Pharmaceuticals detected in 52 out of 54 river sites in English national parks

Researchers detected 31 APIs in rivers in 8 out of England's 10 national parks in 2022, with the most common being cetirizine, metformin and fexofenadine.
Wastewater pipe in UK river

Active pharmaceutical ingredients (APIs) were found to be present in 52 out of 54 river sites across ten national parks in England, according to research published in Environmental Toxicology and Chemistry.

Results of the study, published on 13 August 2024, revealed that APIs were present in rivers in eight out of England’s ten national parks in two sampling seasons in 2022.

A total of 31 APIs were detected, with the most common being cetirizine, metformin and fexofenadine.

Metformin, caffeine and paracetamol showed the highest mean concentrations.

Researchers examined 54 sites in 37 rivers across Dartmoor, Exmoor, Lake District, New Forest, North York Moors, Northumberland, Peak District, South Downs, the Broads and the Yorkshire Dales.

They used The Rivers Trust Sewage Map to select sites that were upstream and downstream of wastewater inputs.

Samples were collected from the sites in winter — between 14 February and 1 March — and summer — between 1 and 18 August — of 2022.

APIs were detected in at least one of the two sampling seasons at all of the sites monitored in each national park, except from the Lake District and Yorkshire Dales.
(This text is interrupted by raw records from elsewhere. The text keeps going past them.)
-- ===== src/Fullpath/Bounds.antt =====
-- How much `_fullpath` writes.
use libi.Base.{
  ℕ, ◌-◌, ◌≤◌, ◌<◌, ◌≡◌, Bool, true, false, Option, some, List, [], ◌∷◌, arith, inl, inr,
}
use libi.Base.{
  length, take, ltb, leb, ◌==◌, if◌then◌else◌, if_holds, length-append, length-take, Option-cases,
}
use libi.Path.Chars.{max_path, path_sep_p}
use libi.Fullpath.{
  Result, ok, err, ◌>>=◌, Dos, Buffer, loop, end_text, make_full, ack_fullpath, is_network, or_dot,
  drive_of, start_text, start_dir, getdcwd, getdcwd_maxpath, dir_starts, close_dir, out_of_range,
  opened,
}
use libi.Fullpath.Copies.{Within, Holds, loop-Holds}

module _ (dos : Dos) where
  -- DOS keeps a current directory of at most 64 bytes for each drive.
  abbrev pub ShortDirs : Type 0
  ShortDirs = (drive : ℕ) (dir : List ℕ) → dos.do_getdcwd drive ≡ some dir → length dir ≤ 64

  getdcwd_maxpath-Within : (drive : ℕ) → ShortDirs → Within 67 (getdcwd_maxpath dos drive)
  unfolding getdcwd_maxpath
  getdcwd_maxpath-Within drive hd = elim (Option-cases (dos.do_getdcwd drive)) [
    | inl e ↦ rw (e, Within) tt
    | inr (dir, e) ↦ rw (e, Within) (omega (arith, hd drive dir e))
  ]

  sized-Within :
      (size : ℕ) (r : Result (List ℕ))
      → 4 ≤ size
      → Within 67 r
      → Within (size - 1) (
          r >>= λ dir.
          if leb max_path size
          then ok dir
          else if leb size (length dir)
          then err out_of_range
          else ok dir)
  sized-Within size (ok dir) h k =
      if_holds (Within (size - 1)) (leb max_path size) _ _ (λ e. ground (arith, e, k))
        (λ e.
          if_holds (Within (size - 1)) (leb size (length dir)) _ _ (λ e'. tt)
            (λ e'. ground (arith, e', h)))
  sized-Within size (err e) h k = tt

  getdcwd-Within :
      (drive size : ℕ) → ShortDirs → 4 ≤ size → Within (size - 1) (getdcwd dos drive (some size))
  unfolding getdcwd
  getdcwd-Within drive size hd h =
      sized-Within size (getdcwd_maxpath dos drive) h (getdcwd_maxpath-Within drive hd)

  close_dir-Holds :
      (size : ℕ) (starts dir : List ℕ)
      → 1 ≤ size
      → length dir ≤ size - 1
      → length (close_dir dos starts dir).text ≤ size
  unfolding close_dir
  close_dir-Holds size [] dir h k = omega (arith, h, k, length-append dir (0x5c ∷ []))
  close_dir-Holds size (s ∷ starts) dir h k =
      if_holds (λ w. length (Buffer.text w) ≤ size) (s == length dir) _ _ (λ e. omega (arith, h, k))
        (λ e. omega (arith, h, k, length-append dir (0x5c ∷ [])))

  opened-Holds :
      (drive size : ℕ) (r : Result (List ℕ))
      → 4 ≤ size
      → Within (size - 1) r
      → length (opened dos drive r).text ≤ size
  unfolding opened
  opened-Holds drive size (ok dir) h k =
      close_dir-Holds size (dir_starts dos 0 [] dir) dir (omega (arith, h)) k
  opened-Holds drive size (err e) h k = omega (arith, h)

  start_dir-Holds :
      (drive size : ℕ) → ShortDirs → 4 ≤ size → length (start_dir dos drive size).text ≤ size
  unfolding start_dir
  start_dir-Holds drive size hd h =
      opened-Holds drive size (getdcwd dos drive (some size)) h (getdcwd-Within drive size hd h)

  start_text-Holds :
      (drive size : ℕ) (path : List ℕ)
      → ShortDirs
      → 4 ≤ size
      → length (start_text dos drive size path).0.text ≤ size
  unfolding start_text
  start_text-Holds drive size [] hd h =
      if_holds (λ (r : Buffer × List ℕ). length (Buffer.text r.0) ≤ size) (drive == 0) _ _
        (λ e. omega arith) (λ e. start_dir-Holds drive size hd h)
  start_text-Holds drive size (c ∷ path) hd h =
      let P = λ (r : Buffer × List ℕ). length (Buffer.text r.0) ≤ size in
      if_holds P (drive == 0) _ _ (λ e. omega arith)
        (λ e.
          if_holds P (path_sep_p c) _ _ (λ e'. omega (arith, h))
            (λ e'. start_dir-Holds drive size hd h))

  end_text_lem :
      (size : ℕ) (text : List ℕ) → 4 ≤ size → length text ≤ size → length (end_text text) < size
  unfolding end_text
  end_text_lem size text h k =
      if_holds (λ t. length t < size) (ltb 3 (length text)) (take (length text - 1) text) text
        (λ e. ground (arith, e, k, length-take (length text - 1) text)) (λ e. ground (arith, e, h))

  -- The text of a result is shorter than a size.
  abbrev pub Short : ℕ → Result (List ℕ) → Type 0
  Short size (ok text) = length text < size
  Short size (err e) = Unit

  Short-mono : (m n : ℕ) (r : Result (List ℕ)) → m ≤ n → Short m r → Short n r
  Short-mono m n (ok text) h k = omega (arith, h, k)
  Short-mono m n (err e) h k = tt

  end_text-Short :
      (size : ℕ) (r : Result Buffer)
      → 4 ≤ size
      → Holds size r
      → Short size (r >>= λ buf. ok (end_text buf.text))
  end_text-Short size (ok buf) h k = end_text_lem size buf.text h k
  end_text-Short size (err e) h k = tt

  started-Short :
      (size : ℕ) (r : Result (ℕ × List ℕ))
      → ShortDirs
      → 4 ≤ size
      → Short size (do
        (drive, rest) ← r
        let begun = start_text dos drive size rest
        buf ← loop dos size (length begun.1) begun.1 begun.0
        ok (end_text buf.text))
  started-Short size (ok (drive, rest)) hd h =
      let begun = start_text dos drive size rest in
      end_text-Short size (loop dos size (length begun.1) begun.1 begun.0) h (
        loop-Holds dos size (length begun.1) begun.1 begun.0
          (start_text-Holds drive size rest hd h))
  started-Short size (err e) hd h = tt

  make_full-Short :
      (size : ℕ) (path : List ℕ)
      → ShortDirs
      → 4 ≤ size
      → is_network path ≡ false
      → Short size (make_full dos size path)
  unfolding make_full
  make_full-Short size path hd h hn =
      if_holds (Short size) (is_network path) _ _ (λ e. absurd (ground (arith, e, hn)))
        (λ e. started-Short size (drive_of dos path) hd h)

  -- Where DOS keeps a current directory of at most 64 bytes for each drive, and the size is at
  -- least four, what `_fullpath` returns for any path that is no network path fits the buffer with
  -- its NUL.
  pub ack_fullpath-Short :
      (allocate : Bool) (size : ℕ) (path : Option (List ℕ))
      → ShortDirs
      → 4 ≤ size
      → is_network (or_dot path) ≡ false
      → Short (if allocate then max_path else size) (ack_fullpath dos allocate size path)
  unfolding ack_fullpath
  ack_fullpath-Short true size path hd h hn =
      if_holds (Short max_path) (ltb size 2) _ _ (λ e. tt)
        (λ e.
          if_holds (Short max_path) dos.memory _ _
            (λ e'. make_full-Short max_path (or_dot path) hd (omega arith) hn) (λ e'. tt))
  ack_fullpath-Short false size path hd h hn =
      let n = if ltb max_path size then max_path else size in
      if_holds (Short size) (ltb size 2) _ _ (λ e. tt)
        (λ e.
          Short-mono n size (make_full dos n (or_dot path)) (ground arith)
            (make_full-Short n (or_dot path) hd (ground (arith, h)) hn))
“While total API concentrations were generally lower than seen previously in UK cities, locations in the Peak District and Exmoor had higher concentrations than most city rivers,” the authors said.

They noted that 14 locations had “concentrations of either amitriptyline, carbamazepine, clarithromycin, diltiazem, metformin, paracetamol, or propranolol above levels of concern for fish, invertebrates, and algae or for selection for antimicrobial resistance”.

“Therefore, API pollution of the English national parks appears to pose risks to ecological health and potentially human health through recreational water use.

“Given that these parks are biodiversity hotspots with protected ecosystems, there is an urgent need for improved monitoring and management of pharmaceutical pollution and pollution more generally not only in national parks in England but also in similar environments across the world,” they added.

Researchers revealed in 2022 that more than a quarter of water samples taken from 258 rivers across the world contained “potentially harmful concentrations” of APIs.

They found that carbamazepine, metformin and caffeine were the most frequently detected APIs, having been detected at more than half of the sites tested and also raised concerns about antimicrobial resistance (AMR).

AMR is a growing concern, with the World Health Organization estimating that bacterial AMR was “directly responsible for 1.27 million global deaths in 2019 and contributed to 4.95 million deaths”.

Commenting on the study, Andrew Singer, principal scientist at the UK Centre for Ecology and Hydrology, told The Pharmaceutical Journal: “API pollution is ubiquitous not only nationally but internationally, and our parks are just one more of the places you can find them.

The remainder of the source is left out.